**Supplied material:**
-- ===== src/Sockets/Slots/Drain.antt =====
-- Popping the closed elements at the front of a queue, and putting the queue back into its list.
use belt_pp.Base.{
  ℕ, zero, suc, ◌+◌, ◌-◌, ◌^◌, ◌≤◌, ◌<◌, ◌≡◌, ◌≢◌, refl, ap, subst, ◌∙◌, arith, List, [], ◌∷◌,
  Option, none, some, length, leb, Bool, true, false, if◌then◌else◌, ok, dec_le, ℕ_discrete,
}
use belt_pp.Queue.{Queue, capacity, empty, front, pop}
use belt_pp.Queue.Model.{lookup_from}
use belt_pp.Queue.Refine.{Holds, size_lem}
use belt_pp.Queue.Laws.{empty-Holds, front-Holds, pop-Holds}
use belt_pp.Sockets.Slots.{drain, drain_from}
use belt_pp.Sockets.Slots.Held.{lookup_below}

-- The element unless it is closed.
abbrev pub open_of {ℓ} : {A : Type ℓ} → (A → Bool) → Option A → Option A
open_of closed none = none
open_of closed (some a) = if closed a then none else some a

module _ {ℓ} {A : Type ℓ} (blank : A) (closed : A → Bool) where
  lookup_shift :
      (base : ℕ) (x : A) (items : List A) (j : ℕ)
      → j ≢ base
      → lookup_from (suc base) items j ≡ lookup_from base (x ∷ items) j
  unfolding lookup_from
  lookup_shift base x items j ne = elim (dec_le base j) [
    | no below ↦
        let t : leb base j ≡ false = ground arith in
        let t' : leb (suc base) j ≡ false = ground arith in rw (t, t') refl
    | yes above ↦
        let t : leb base j ≡ true = ground arith in
        let t' : leb (suc base) j ≡ true = ground arith in
        let e : j - base ≡ suc (j - suc base) = omega arith in rw (t, t', e) refl
  ]

  lookup_first : (base : ℕ) (x : A) (items : List A) → lookup_from base (x ∷ items) base ≡ some x
  unfolding lookup_from
  lookup_first base x items =
      let t : leb base base ≡ true = ground arith in
      let e : base - base ≡ 0 = omega arith in rw (t, e) refl

  -- The same open elements under the same ids.
  pub record Drained (q : Queue A) (base : ℕ) (items : List A) (q' : Queue A) : Type ℓ where
    pub base' : ℕ
    pub items' : List A
    pub holds : Holds blank q' base' items'
    pub onward : base ≤ base'
    pub same_end : base' + length items' ≡ base + length items
    pub same_room : capacity q' ≡ capacity q
    pub same_open :
        (j : ℕ)
        → open_of closed (lookup_from base' items' j) ≡ open_of closed (lookup_from base items j)
    pub fewer : (j : ℕ) → lookup_from base items j ≡ none → lookup_from base' items' j ≡ none

  drain_empty : (fuel : ℕ) (q : Queue A) → empty q ≡ true → drain_from closed (suc fuel) q ≡ ok q
  unfolding drain_from
  drain_empty fuel q e = rw e

  drain_stop :
      (fuel : ℕ) (q : Queue A) (x : A)
      → empty q ≡ false
      → front q ≡ ok x
      → closed x ≡ false
      → drain_from closed (suc fuel) q ≡ ok q
  unfolding drain_from
  drain_stop fuel q x e f c = rw (e, f, c)

  drain_more :
      (fuel : ℕ) (q q' : Queue A) (x : A)
      → empty q ≡ false
      → front q ≡ ok x
      → closed x ≡ true
      → pop q ≡ ok q'
      → drain_from closed (suc fuel) q ≡ drain_from closed fuel q'
  unfolding drain_from
  drain_more fuel q q' x e f c p = rw (e, f, c, p)

  unmoved :
      {q : Queue A} {base : ℕ} {items : List A} → Holds blank q base items → Drained q base items q
  unmoved {q} {base} {items} h = record {
    base' = base;
    items' = items;
    holds = h;
    onward = omega arith;
    same_end = refl;
    same_room = refl;
    same_open = λ j. refl;
    fewer = λ j e. e;
  }

  drain_from-Drained :
      (fuel : ℕ) (items : List A) {q : Queue A} (base : ℕ)
      → Holds blank q base items
      → base + length items < 2 ^ 62
      → length items < fuel
      → (q' : Queue A) × (drain_from closed fuel q ≡ ok q') × Drained q base items q'
  drain_from-Drained zero items base h small enough = absurd (omega arith)
  drain_from-Drained (suc fuel) [] {q} base h small enough =
      (q, drain_empty fuel q (empty-Holds blank h), unmoved h)
  drain_from-Drained (suc fuel) (x ∷ items) {q} base h small enough =
      let (p, popped, holds, room) = pop-Holds blank h small in
      go (closed x) refl p popped room
        (drain_from-Drained fuel items (suc base) holds (omega arith) (omega arith))
    where
      go :
          (t : Bool)
          → closed x ≡ t
          → (p : Queue A) → pop q ≡ ok p
          → capacity p ≡ capacity q
          → (q' : Queue A) × (drain_from closed fuel p ≡ ok q') × Drained p (suc base) items q'
          → (q' : Queue A) × (drain_from closed (suc fuel) q ≡ ok q')
            × Drained q base (x ∷ items) q'
      go false c p popped room next =
          (q, drain_stop fuel q x (empty-Holds blank h) (front-Holds blank h) c, unmoved h)
      go true c p popped room (q', run, d) = (
        q',
        drain_more fuel q p x (empty-Holds blank h) (front-Holds blank h) c popped ∙ run,
        record {
          base' = d.base';
          items' = d.items';
          holds = d.holds;
          onward = let step = d.onward in omega arith;
          same_end = let step = d.same_end in omega arith;
          same_room = d.same_room ∙ room;
          same_open = λ j. d.same_open j ∙ elim (ℕ_discrete j base) [
            | yes e ↦
                rw (e, lookup_first base x items, c)
                  (ap (open_of closed) (lookup_below (suc base) items base (omega arith)))
            | no ne ↦ ap (open_of closed) (lookup_shift base x items j ne)
          ];
          fewer = λ j missing. elim (ℕ_discrete j base) [
            | yes e ↦ absurd (
                let there : lookup_from base (x ∷ items) base ≡ some x =
                  lookup_first base x items in
                let m = subst (λ k. lookup_from base (x ∷ items) k ≡ none) e missing in cc)
            | no ne ↦ d.fewer j (lookup_shift base x items j ne ∙ missing)
          ];
        },
      )

  pub drain-Drained :
      {q : Queue A} (base : ℕ) (items : List A)
      → Holds blank q base items
      → base + length items < 2 ^ 62
      → (q' : Queue A) × (drain closed q ≡ ok q') × Drained q base items q'
  unfolding drain
  drain-Drained {q} base items h small =
      let size = size_lem blank h in
      drain_from-Drained (suc q.size) items base h small (omega arith)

**Task prompt:** Wherever the string "Option" appears in a line of the records above, copy that line.

**Task response:**
  Option, none, some, length, leb, Bool, true, false, if◌then◌else◌, ok, dec_le, ℕ_discrete,
abbrev pub open_of {ℓ} : {A : Type ℓ} → (A → Bool) → Option A → Option A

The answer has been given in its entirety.